-- Supplied information follows --

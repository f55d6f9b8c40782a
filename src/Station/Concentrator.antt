-- ===== src/Station/Concentrator.antt =====
-- internal/backend/basicstation/structs/router_config.go: the configuration of one concentrator, whose radios
-- have their frequencies.
use lora_gateway_bridge.Common.{
  ℕ, zero, suc, ◌+◌, ◌*◌, ◌%◌, Bool, true, false, not, List, [], ◌∷◌, replicate, ◌==◌, Result, ok,
  ◌>>=◌, wrap, if◌then◌else◌, Option, none, some,
}
use lora_gateway_bridge.Common.Int.{ℤ, pos, ◌-ℤ◌}
use lora_gateway_bridge.Gw.{
  Modulation, lora, fsk, other_modulation, LoraModulationConfig, ChannelConfiguration,
}
use lora_gateway_bridge.Sx1301.{RadioError, Radios, get_radio_for_channel}

pub record Sx1301ConfRadio : Type 0 where
  pub enable : Bool
  pub freq : ℕ

pub record Sx1301ConfChanLoraStd : Type 0 where
  pub enable : Bool
  pub radio : ℕ
  pub if_freq : ℤ
  pub bandwidth : ℕ
  pub spreading_factor : ℕ

pub record Sx1301ConfChanMultiSf : Type 0 where
  pub enable : Bool
  pub radio : ℕ
  pub if_freq : ℤ

-- `ChanMultiSF0` to `ChanMultiSF7` are a list of eight.
pub record Sx1301Conf : Type 0 where
  pub radio_0 : Sx1301ConfRadio
  pub radio_1 : Sx1301ConfRadio
  pub chan_fsk_enable : Bool
  pub chan_lora_std : Sx1301ConfChanLoraStd
  pub chan_multi_sf : List Sx1301ConfChanMultiSf

-- the zero values
abbrev pub chan_off : Sx1301ConfChanMultiSf
chan_off = record { enable = false; radio = 0; if_freq = pos 0 }

abbrev pub conf_radio : ℕ → Sx1301ConfRadio
conf_radio f = record { enable = not (f == 0); freq = f }

-- "set radios"
unfoldable pub set_radios : Radios → Sx1301Conf
set_radios (f0, f1) = record {
  radio_0 = conf_radio f0;
  radio_1 = conf_radio f1;
  chan_fsk_enable = false;
  chan_lora_std = record {
    enable = false;
    radio = 0;
    if_freq = pos 0;
    bandwidth = 0;
    spreading_factor = 0;
  };
  chan_multi_sf = replicate 8 chan_off;
}

-- `int(channel.Frequency) - int(radioFrequencies[r])`
unfoldable pub offset : Radios → ℕ → ChannelConfiguration → ℤ
offset (f0, f1) r c = pos c.frequency -ℤ pos (if r == 0 then f0 else f1)

unfoldable pub multi_sf_chan : Radios → ℕ → ChannelConfiguration → Sx1301ConfChanMultiSf
unfolding offset
multi_sf_chan radios r c = record { enable = true; radio = r; if_freq = offset radios r c }

-- the `switch` on `channelI`: past the eighth channel no case applies
unfoldable pub set_chan :
    ℕ → Sx1301ConfChanMultiSf → List Sx1301ConfChanMultiSf → List Sx1301ConfChanMultiSf
set_chan i chan [] = []
set_chan zero chan (c ∷ chans) = chan ∷ chans
set_chan (suc i) chan (c ∷ chans) = c ∷ set_chan i chan chans

-- a LoRa channel on the radio `r`; the number counts the channels with several spreading-factors
unfoldable pub set_lora :
    Radios → ℕ → ChannelConfiguration → ℕ → List ℕ → ℕ × Sx1301Conf → ℕ × Sx1301Conf
unfolding offset multi_sf_chan set_chan
set_lora radios r c bandwidth (sf ∷ []) (i, conf) = (
  i,
  record conf {
    chan_lora_std = record {
      enable = true;
      radio = r;
      if_freq = offset radios r c;
      bandwidth = bandwidth * 1000 % 4294967296;
      spreading_factor = sf;
    };
  },
)
set_lora radios r c bandwidth _ (i, conf) = (
  i + 1,
  record conf { chan_multi_sf = set_chan i (multi_sf_chan radios r c) conf.chan_multi_sf },
)

unfoldable pub set_lora_config :
    Radios
    → ℕ
    → ChannelConfiguration
    → Option LoraModulationConfig
    → ℕ × Sx1301Conf
    → ℕ × Sx1301Conf
unfolding set_lora
set_lora_config radios r c none state = state
set_lora_config radios r c (some info) state =
    set_lora radios r c info.bandwidth info.spreading_factors state

-- the `switch` on the modulation
unfoldable pub set_channel :
    Radios → ℕ → Modulation → ChannelConfiguration → ℕ × Sx1301Conf → ℕ × Sx1301Conf
unfolding set_lora_config
set_channel radios r lora c state = set_lora_config radios r c c.lora_config state
set_channel radios r fsk c (i, conf) = (i, record conf { chan_fsk_enable = true })
set_channel radios r (other_modulation n) c state = state

pub data RouterConfigError : Type 0 where
  band_config_error : RouterConfigError
  radio_frequencies_error radio_for_channel_error : RadioError → RouterConfigError

-- "set channels"
unfoldable pub set_channels :
    Radios → List ChannelConfiguration → ℕ × Sx1301Conf → Result RouterConfigError (ℕ × Sx1301Conf)
unfolding set_channel
set_channels radios [] state = ok state
set_channels radios (c ∷ rest) state = do
  r ← wrap radio_for_channel_error (get_radio_for_channel radios c)
  set_channels radios rest (set_channel radios r c.modulation c state)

-- Supplied information concluded --

Would you print, exactly as written, every line above from the one holding "pub freq : ℕ" through the one holding "pub record Sx1301Conf : Type 0 where", with both included and no other lines?

> [Response area]
  pub freq : ℕ

pub record Sx1301ConfChanLoraStd : Type 0 where
  pub enable : Bool
  pub radio : ℕ
  pub if_freq : ℤ
  pub bandwidth : ℕ
  pub spreading_factor : ℕ

pub record Sx1301ConfChanMultiSf : Type 0 where
  pub enable : Bool
  pub radio : ℕ
  pub if_freq : ℤ

-- `ChanMultiSF0` to `ChanMultiSF7` are a list of eight.
pub record Sx1301Conf : Type 0 where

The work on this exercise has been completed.